DIGITAL LIBRARY
INTERDISCIPLINARY CLINICAL COMPETENCES IN SIMULATED LEARNING ENVIRONMENTS
University Rey Juan Carlos (SPAIN)
About this paper:
Appears in: ICERI2016 Proceedings
Publication year: 2016
Pages: 6960-6965
ISBN: 978-84-617-5895-1
ISSN: 2340-1095
doi: 10.21125/iceri.2016.0592
Conference name: 9th annual International Conference of Education, Research and Innovation
Dates: 14-16 November, 2016
Location: Seville, Spain
Abstract:
Introduction:
Simulated learning environments (SLE) in Health Sciences education stimulates and promotes learning, representing as much as possible a complex clinical setting. Simulation is a good tool to work professionals’ performances and coordination in rare critical situations.

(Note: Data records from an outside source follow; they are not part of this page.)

-- ===== src/Keys/Panel.antt =====
-- The panels of web/app/settings/keys/page.tsx that show the trusted devices or the source addresses
-- of one token: `openDevices` and `openHistory`, which differ in what they show and in one message.
use clawhum.Prelude.{
  ℕ, Bool, false, Option, none, some, [], ◌∷◌, ◌++◌, if◌then◌else◌, ◌==◌, ◌≡◌, refl, Bool-cases,
  inl, inr,
}
use clawhum.Prelude.Text.{Text, codes, text_eq}

-- `opened` is the token whose panel is open, and `shown` what the panel shows of the server's answer.
pub record Panel {ℓ} (V : Type ℓ) : Type ℓ where
  pub opened : Option Text
  pub shown : Option V
  pub err : Option Text
  pub loading : Option Text

pub data PanelAnswer {ℓ} (V : Type ℓ) : Type ℓ where
  threw : Text → PanelAnswer V
  refused : ℕ → Text → PanelAnswer V
  replied : V → PanelAnswer V

abbrev pub is_open : Option Text → Text → Bool
is_open none id = false
is_open (some t) id = text_eq t id

-- `msg || failed with status`
abbrev pub message_or_status : (ℕ → Text) → ℕ → Text → Text
message_or_status number_text status [] = codes "failed with " ++ number_text status
message_or_status number_text status (c ∷ s) = c ∷ s

module _ {ℓ} {V : Type ℓ} where
  abbrev pub closed : Panel V
  closed = record { opened = none; shown = none; err = none; loading = none }

  -- A click on the button of a token, up to the request: the token whose answer is awaited, if any.
  unfoldable pub open_begin : Text → Panel V → Panel V × Option Text
  open_begin id p =
      if is_open p.opened id
      then (record p { opened = none; shown = none; err = none }, none)
      else (record { opened = some id; shown = none; err = none; loading = some id }, some id)

  -- The answer; `forbidden` is the message for 403.
  unfoldable pub open_end : (ℕ → Text) → Text → PanelAnswer V → Panel V → Panel V
  open_end number_text forbidden (threw m) p = record p { err = some m; loading = none }
  open_end number_text forbidden (refused status msg) p = record p {
    err = some (
        if status == 403
        then forbidden
        else if status == 404
        then codes "Token not found in this workspace."
        else message_or_status number_text status msg);
    loading = none;
  }
  open_end number_text forbidden (replied v) p = record p { shown = some v; loading = none }

-- A use of the panel in which no button is clicked while an answer is awaited. The index is the token
-- whose answer is awaited; `server` is what the server answers for a token.
pub data Use {ℓ} {V : Type ℓ} (number_text : ℕ → Text) (forbidden : Text)
    (server : Text → PanelAnswer V) : Panel V → Option Text → Type ℓ where
  start : Use number_text forbidden server closed none
  clicked :
      {p : Panel V} (id : Text)
      → Use number_text forbidden server p none
      → Use number_text forbidden server (open_begin id p).0 (open_begin id p).1
  answered :
      {p : Panel V} (id : Text)
      → Use number_text forbidden server p (some id)
      → Use number_text forbidden server (open_end number_text forbidden (server id) p) none

-- What is shown, if anything, is the server's answer for the open panel.
abbrev pub IsOwned {ℓ} : {V : Type ℓ} → (Text → PanelAnswer V) → Panel V → Option V → Type ℓ
IsOwned server p none = Unit
IsOwned server p (some v) = (id : Text) × (p.opened ≡ some id) × (server id ≡ replied v)

-- While no answer is awaited nothing is loading, and what is shown belongs to the open panel; while one
-- is awaited, its token is the one that is open and loading, and nothing is shown.
abbrev pub IsFaithful {ℓ} : {V : Type ℓ} → (Text → PanelAnswer V) → Panel V → Option Text → Type ℓ
IsFaithful server p none = (p.loading ≡ none) × IsOwned server p p.shown
IsFaithful server p (some id) = (p.loading ≡ some id) × (p.opened ≡ some id) × (p.shown ≡ none)

module _ {ℓ} {V : Type ℓ} (number_text : ℕ → Text) (forbidden : Text)
    (server : Text → PanelAnswer V) where
  open_begin-IsFaithful :
      (id : Text) (p : Panel V)
      → IsFaithful server p none
      → IsFaithful server (open_begin id p).0 (open_begin id p).1
  unfolding open_begin
  open_begin-IsFaithful id p (idle, owned) = elim (Bool-cases (is_open p.opened id)) [
    | inl e ↦ rw (open_begin, e) (idle, tt)
    | inr e ↦ rw (open_begin, e) (refl, refl, refl)
  ]

  open_end-IsFaithful :
      (id : Text) (answer : PanelAnswer V) (p : Panel V)
      → server id ≡ answer
      → IsFaithful server p (some id)
      → IsFaithful server (open_end number_text forbidden answer p) none
  unfolding open_end
  open_end-IsFaithful id (threw m) p e (loads, opened, empty) = (refl, rw empty tt)
  open_end-IsFaithful id (refused status msg) p e (loads, opened, empty) = (refl, rw empty tt)
  open_end-IsFaithful id (replied w) p e (loads, opened, empty) = (refl, (id, opened, e))

  -- As long as no button is clicked while an answer is awaited: while one is awaited, its token is the
  -- one whose panel is open and that is marked as loading, and nothing is shown; and otherwise
  -- nothing is loading, and a panel that shows something shows the server's answer for the token
  -- whose panel is open.
  pub Use-IsFaithful :
      (panel : Panel V) (awaited : Option Text)
      → Use number_text forbidden server panel awaited
      → IsFaithful server panel awaited
  Use-IsFaithful panel awaited start = (refl, tt)
  Use-IsFaithful panel awaited (clicked {p} id u) =
      open_begin-IsFaithful id p (Use-IsFaithful p none u)
  Use-IsFaithful panel awaited (answered {p} id u) =
      open_end-IsFaithful id (server id) p refl (Use-IsFaithful p (some id) u)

Also, interdisciplinary and teamwork are fundamental aspects of the real clinical practice, so an interdisciplinary SLE can help to increase knowledge of other professions as well as improve the holistic view of the patient.

Aims:
To promote knowledge among health disciplines, which are taught in Health Sciences Faculty at Rey Juan Carlos University; to emphasize communication between them into simulated situation; and to know the scope and responsibility of each discipline without forgetting the importance and necessity of teamwork.

Methods:
A common clinical and professional situation was setting, which resolution was to indicate possession or not of clinical competence’s components. Also, this clinical situation was a tool for the acquisition of skills from active learning by students. Another educational objectives were raised.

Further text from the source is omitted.